In a way, that was what happened. She was heartbroken when they let her go. There were cutbacks everywhere, everyone knew that. Money was tight. Daddy told me to keep out of Mommy’s hair. She needed some space, he said. And she did seem diminished, somehow. Her easy glow was dimmed. I was fourteen or so then, maybe.
The Chihuahua lady and Mommy were tight. Every morning, if they weren’t on shift, Mommy would walk over to her house. They would drink black coffee and smoke Virginia Slims and talk. If it was nice they sat on the screen porch. If it was dull or cold, which it usually was, they sat at the dinner table until the air grew so thick with smoke and secrets that you could have sliced it with a knife. I knew all this because sometimes on the weekends they lost track of time and I had to go fetch Mommy to make lunch. Maybe it was only opening jars of baby food, but it was still women’s work, Daddy said. He was drinking a lot by then.
After Mommy was fired the Chihuahua lady was outraged, way more upset than Mommy. Chihuahua lady tried to get her to fight it. ‘You’re the best,’ she said. ‘You have such a way with the kids. They’re crazy to lose you. It’s a crime.’ Her wide brown eyes were pools of belief. The Chihuahua lady always hummed with energy. ‘You can write to the hospital board,’ she said to Mommy. ‘Come on. You can’t take it lying down. You are an asset.’
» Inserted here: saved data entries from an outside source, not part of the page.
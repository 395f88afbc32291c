-- ===== src/Transfer/ConnPool.antt =====
-- internal/transfer/connpool.go: connections handed out for exclusive use. Each function here is
-- what one goroutine does while it holds the lock; ConnPool.Run lets the goroutines interleave. A
-- connection is a number, and an error of `dial` its text. The head of `idle` is the end of the
-- program's slice. Go's ints are natural numbers here: ConnPool.Accounts shows that none of the
-- subtractions goes below 0.
pub mod Run
pub mod Accounts
pub mod Tests
use sfync.Base.{ℕ, max, ◌+◌, ◌-◌, Text, Option, none, some, List, [], ◌∷◌, Bool, true, false}
use sfync.Base.{◌&&◌, ◌||◌, not, ltb, is_some, if◌then◌else◌, ◌==◌, nat_eq, length}

pub record ConnPool : Type 0 where
  pub idle : List ℕ
  pub open_count : ℕ
  pub dialing : ℕ
  pub dial_err : Option Text
  pub limit : ℕ
  pub capped : Bool
  pub closed : Bool

unfoldable pub new_conn_pool : ℕ → ConnPool
new_conn_pool limit = record {
  idle = [];
  open_count = 0;
  dialing = 0;
  dial_err = none;
  limit = max limit 1;
  capped = false;
  closed = false;
}

unfoldable pub seed : ℕ → ConnPool → ConnPool
seed c p = record p { open_count = p.open_count + 1; idle = c ∷ p.idle }

-- What a pass of the loop of `acquire` comes to: it returns a connection, the error of a closed
-- pool or that of a dial, or it gives up the lock to dial, to wait, or not at all and loops.
pub data Pass : Type 0 where
  got : ℕ → Pass
  pool_closed : Pass
  refused : Text → Pass
  dials : Pass
  waits : Pass
  loops : Pass

-- The end of the loop's body, behind the return of an idle connection.
unfoldable pub grow : Bool → ConnPool → Option Text → Pass × ConnPool
unfolding nat_eq
grow waited p none =
    if ltb p.open_count p.limit
    then (dials, record p { open_count = p.open_count + 1; dialing = p.dialing + 1 })
    else (waits, p)
grow waited p (some e) =
    if waited && p.open_count == 0
    then (refused e, p)
    else if ltb p.open_count p.limit
    then (dials, record p { open_count = p.open_count + 1; dialing = p.dialing + 1 })
    else (waits, p)

-- A pass of the loop of `acquire`, from its top to the dial or the wait.
unfoldable pub acquire_pass : Bool → ConnPool → Pass × ConnPool
unfolding grow
acquire_pass waited p = if p.closed then (pool_closed, p) else elim p.idle [
  | c ∷ rest ↦ (got c, record p { idle = rest })
  | [] ↦ grow waited p p.dial_err
]

-- What `acquire` does when its dial has made the connection `c`. In a closed pool `c` is closed.
unfoldable pub dial_made : ℕ → ConnPool → Pass × ConnPool
dial_made c p =
    let q = record p { dialing = p.dialing - 1; dial_err = none } in
    if p.closed then (pool_closed, record q { open_count = p.open_count - 1 }) else (got c, q)

-- What `acquire` does when its dial has failed. The number is the argument of `onCap`, if called.
unfoldable pub dial_failed : Text → ConnPool → Pass × ConnPool × Option ℕ
unfolding nat_eq
dial_failed e p =
    let q = record p { dialing = p.dialing - 1; open_count = p.open_count - 1 } in
    let established = q.open_count - q.dialing in
    if established == 0 then (refused e, record q { dial_err = some e }, none) else (
      loops,
      record q { limit = q.open_count; capped = true },
      if q.capped then none else some established,
    )

-- The flag says that the connection is closed.
unfoldable pub release : ℕ → Bool → ConnPool → Bool × ConnPool
release c broken p =
    if broken || p.closed
    then (true, record p { open_count = p.open_count - 1 })
    else (false, record p { idle = c ∷ p.idle })

-- What `tryAcquireIdle` returns where no connection can be had: none, and `busy`.
unfoldable pub none_idle : ConnPool → Option ℕ × Bool × ConnPool
none_idle p = (none, ltb 0 p.open_count && not p.closed, p)

unfoldable pub try_acquire_idle : ConnPool → Option ℕ × Bool × ConnPool
unfolding none_idle
try_acquire_idle p =
    if not p.closed
    then elim p.idle [ c ∷ rest ↦ (some c, false, record p { idle = rest }) | [] ↦ none_idle p ]
    else none_idle p

-- The connections that are closed.
unfoldable pub close_all : ConnPool → List ℕ × ConnPool
close_all p =
    if p.closed
    then ([], p)
    else (p.idle, record p { closed = true; idle = []; open_count = p.open_count - length p.idle })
Daddy and I both echoed her. ‘You’re the best, Mommy,’ I said. ‘They don’t know how good they have it with you.’
‘It’s just the way of things,’ Mommy said in her gentle way. ‘You accept misfortune with grace.’
My problems at school had already started, but my parents had not yet begun to take them seriously. I guess I was so well behaved at home, they must have thought there was some mistake. I was helpful and polite, or at least I always tried to be. ‘Teddy seems to have skipped being a teenager,’ Mommy would say, stroking my cheek. ‘We are lucky.’